High reactivity of condensed amorphous silicate and implication for chondrites

Abstract

Amorphous silicates are abundant in extraterrestrial objects such as interplanetary dust particles and primitive chondrites. They are thought to be formed through condensation and possibly later exposed to thermal processes in the nebula before being accreted within an asteroid and/or comet.We aim to constrain the conditions that prevailed during thermal events in the nebula, through experimental work on the chemical and structural evolution of condensed amorphous silicate.We conducted coupled condensation and heating experiments of Fe-Mg-silicate thin films using the pulsed laser deposition technique. We compared samples condensed at room temperature and annealed in a second step with samples directly condensed on heated substrate, at 450 °C and 700 °C.For both processes, at temperature as low as 450 °C, iron-rich nanoparticles and Mg-rich domains form, evidencing the high reactivity of the condensed amorphous silicate.
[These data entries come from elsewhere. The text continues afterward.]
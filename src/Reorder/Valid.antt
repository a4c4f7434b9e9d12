-- ===== src/Reorder/Valid.antt =====
-- The well-formedness of the reorder buffer (discord/ext/native_voice/rtp.py), and the parts of
-- `push` from a well-formed buffer on: storing, releasing, waiting and flushing.
use discord_native_voice.Prelude.{
  ℕ, ◌+◌, ◌≤◌, ◌≡◌, refl, ap, ◌⊎◌, inl, inr, Bool, true, false, none, some, List, [], ◌∷◌, length,
  ℕ-eq, arith, Bool-cases, ltb, leb, leb→le, ◌&&◌,
}
use discord_native_voice.Prelude.Dict.{get, IsUnique}
use discord_native_voice.Rtp.{ReceivedVideoPacket}
use discord_native_voice.Reorder.{Buffer, pop_loop, pop_ready, flush, since, wait_or_flush, deliver}
use discord_native_voice.Reorder.Pop.{
  Window, Consecutive, pop_loop-Popped, pop_loop_pos, min_key-le, get-min_key, min_key_total,
}

-- Between two pushes, once the first packet has come: the stored packets lie in the half cycle
-- above the expected number, each under its own number, that number itself is missing, and there
-- are at most `max_packets` of them.
pub record IsSettled (expected : ℕ) (b : Buffer) : Type 0 where
  pub expects : b.expected_sequence ≡ some expected
  pub unique : IsUnique b.packets
  pub window : Window expected b.packets
  pub missing : get expected b.packets ≡ none
  pub room : length b.packets ≤ b.max_packets

-- A buffer before its first packet, or a settled one.
abbrev pub IsValid : Buffer → Type 0
IsValid b = ((b.expected_sequence ≡ none) × (b.packets ≡ [])) ⊎ ((e : ℕ) × IsSettled e b)

-- The head of the buffer has blocked it for `max_delay`, or one packet more is too many.
abbrev pub IsOverdue : ℕ → Buffer → Type 0
IsOverdue now b = (b.max_packets ≤ length b.packets) ⊎ (since now b.blocked_at + b.max_delay ≤ now)

-- What a push releases: consecutive packets from `start` on, where `start` is the number expected
-- before, or a later one, in the half cycle from it, if the buffer is overdue and something is
-- released; and the number that follows them is expected next.
pub record Release (now expected : ℕ) (b : Buffer) (out : List ReceivedVideoPacket × Buffer)
    : Type 0 where
  pub start : ℕ
  pub from : expected ≤ start
  pub upto : start ≤ expected + 0x7FFF
  pub numbered : Consecutive start out.0
  pub stop : ℕ
  pub counted : stop ≡ start + length out.0
  pub settled : IsSettled stop out.1
  pub reason : (start ≡ expected) ⊎ (IsOverdue now b × (1 ≤ length out.0))

-- What `_pop_ready` has left, before `push` looks whether anything was ready.
pub record IsPopped (expected : ℕ) (ready : List ReceivedVideoPacket) (b : Buffer) : Type 0 where
  pub numbered : Consecutive expected ready
  pub expects : b.expected_sequence ≡ some (expected + length ready)
  pub unique : IsUnique b.packets
  pub window : Window (expected + length ready) b.packets
  pub missing : get (expected + length ready) b.packets ≡ none
  pub room : length b.packets + length ready ≤ b.max_packets + 1

-- `flush` releases at least the packet with the lowest number.
pub flush_releases :
    (e : ℕ) (c : Buffer) (k : ℕ) (p : ReceivedVideoPacket)
    → get k c.packets ≡ some p
    → 1 ≤ length (flush e c).0
unfolding flush pop_ready
flush_releases e c k p found =
    let (m, least) = min_key_total c.packets k p found in
    let (q, head) = get-min_key c.packets m least in
    rw (least, flush) (pop_loop_pos m q c.packets head)

-- An overdue buffer skips to its lowest packet, and releases from there.
flush-Release :
    (now e : ℕ) (b c : Buffer) (k : ℕ) (p : ReceivedVideoPacket)
    → IsPopped e [] c
    → get k c.packets ≡ some p
    → c.max_packets ≡ b.max_packets
    → IsOverdue now b
    → Release now e b (flush e c)
unfolding flush pop_ready
flush-Release now e b c k p h found same due =
    let (m, least) = min_key_total c.packets k p found in
    let (q, head) = get-min_key c.packets m least in
    let near : (e ≤ m) × (m ≤ e + 0x7FFF) = omega (arith, h.window m q head) in
    let (stop_eq, numbered, unique, window, missing, sizes) =
      pop_loop-Popped (length c.packets) m c.packets h.unique
        (λ j r g. (
          min_key-le c.packets m j r least g,
          omega (arith, h.window j r g, near),
          (h.window j r g).2,
        ))
        (omega arith) in
    rw (least, flush)
      (record {
        start = m;
        from = omega (arith, near);
        upto = omega (arith, near);
        numbered = numbered;
        stop = (pop_loop (length c.packets) m c.packets).1;
        counted = stop_eq;
        settled = record {
          expects = refl;
          unique = unique;
          window = window;
          missing = missing;
          room = omega (arith, sizes, h.room, pop_loop_pos m q c.packets head);
        };
        reason = inr (due, pop_loop_pos m q c.packets head);
      })

and_left : (a b : Bool) → (a && b) ≡ true → a ≡ true
and_left a b h = ground arith

-- The test of `wait_or_flush`, after the packet was stored, read as a fact about the buffer before.
overdue :
    (n n' cap cap' now t t' delay delay' : ℕ)
    → (leb n' cap' && ltb now (t' + delay')) ≡ false
    → cap' ≡ cap
    → delay' ≡ delay
    → t' ≡ t
    → n' ≤ n + 1
    → (cap ≤ n) ⊎ (t + delay ≤ now)
overdue n n' cap cap' now t t' delay delay' h p q r g = ground arith

-- Whatever was ready: the rest of `push` releases it, waits, or flushes.
pub deliver-Release :
    (now e : ℕ) (b : Buffer) (ready : List ReceivedVideoPacket) (c : Buffer) (k : ℕ)
    (p : ReceivedVideoPacket)
    → IsPopped e ready c
    → (ready ≡ [] → get k c.packets ≡ some p)
    → c.max_packets ≡ b.max_packets
    → c.max_delay ≡ b.max_delay
    → c.blocked_at ≡ b.blocked_at
    → length c.packets ≤ length b.packets + 1
    → Release now e b (deliver now e (ready, c))
unfolding deliver wait_or_flush
deliver-Release now e b [] c k p h found packets_eq delay_eq blocked_eq grown =
    elim (Bool-cases
      (leb (length c.packets) c.max_packets && ltb now (since now c.blocked_at + c.max_delay))) [
        | inl waits ↦
            rw (waits, wait_or_flush)
              (record {
                start = e;
                from = omega arith;
                upto = omega arith;
                numbered = tt;
                stop = e + 0;
                counted = omega arith;
                settled = record {
                  expects = h.expects;
                  unique = h.unique;
                  window = h.window;
                  missing = h.missing;
                  room = leb→le _ _ (and_left _ _ waits);
                };
                reason = inl refl;
              })
        | inr skips ↦
            rw (skips, wait_or_flush)
              (flush-Release now e b (record c { blocked_at = some (since now c.blocked_at) }) k p
                (record {
                  numbered = tt;
                  expects = h.expects;
                  unique = h.unique;
                  window = h.window;
                  missing = h.missing;
                  room = h.room;
                })
                (found refl) packets_eq
                (overdue (length b.packets) (length c.packets) b.max_packets c.max_packets now
                  (since now b.blocked_at) (since now c.blocked_at) b.max_delay c.max_delay skips
                  packets_eq delay_eq (ap (since now) blocked_eq) grown))
      ]
deliver-Release now e b (q ∷ ready) c k p h found packets_eq delay_eq blocked_eq grown = record {
  start = e;
  from = omega arith;
  upto = omega arith;
  numbered = h.numbered;
  stop = e + length (q ∷ ready);
  counted = refl;
  settled = record {
    expects = h.expects;
    unique = h.unique;
    window = h.window;
    missing = h.missing;
    room = omega (arith, h.room);
  };
  reason = inl refl;
}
This reactivity was found to be even higher for the process of condensation on heated substrate. We also evidence the persistence of amorphous silicate up to 700 °C, in spite of the chemical evolution and the demixion into MgO and SiO2 domains.These results imply that amorphous silicates condensed from a plasma (and possibly from any process producing atoms in an excited state) are more reactive than quenched glasses of similar composition. In complement to high temperature events that occurred at the time of solar system formation and that formed chondrules for instance, this work emphasizes the importance of mild heating on dust evolution before accretion within parent(s) body(ies). It helps to place chemical and structural constraints on the thermal evolution of amorphous silicate found in primitive chondrites: i) iron segregation as metallic nanoparticles can be generated within a silicate groundmass at temperature as low as 450 °C (and possibly even below) ii) iron-rich chondritic amorphous silicate can persist up to 700 °C.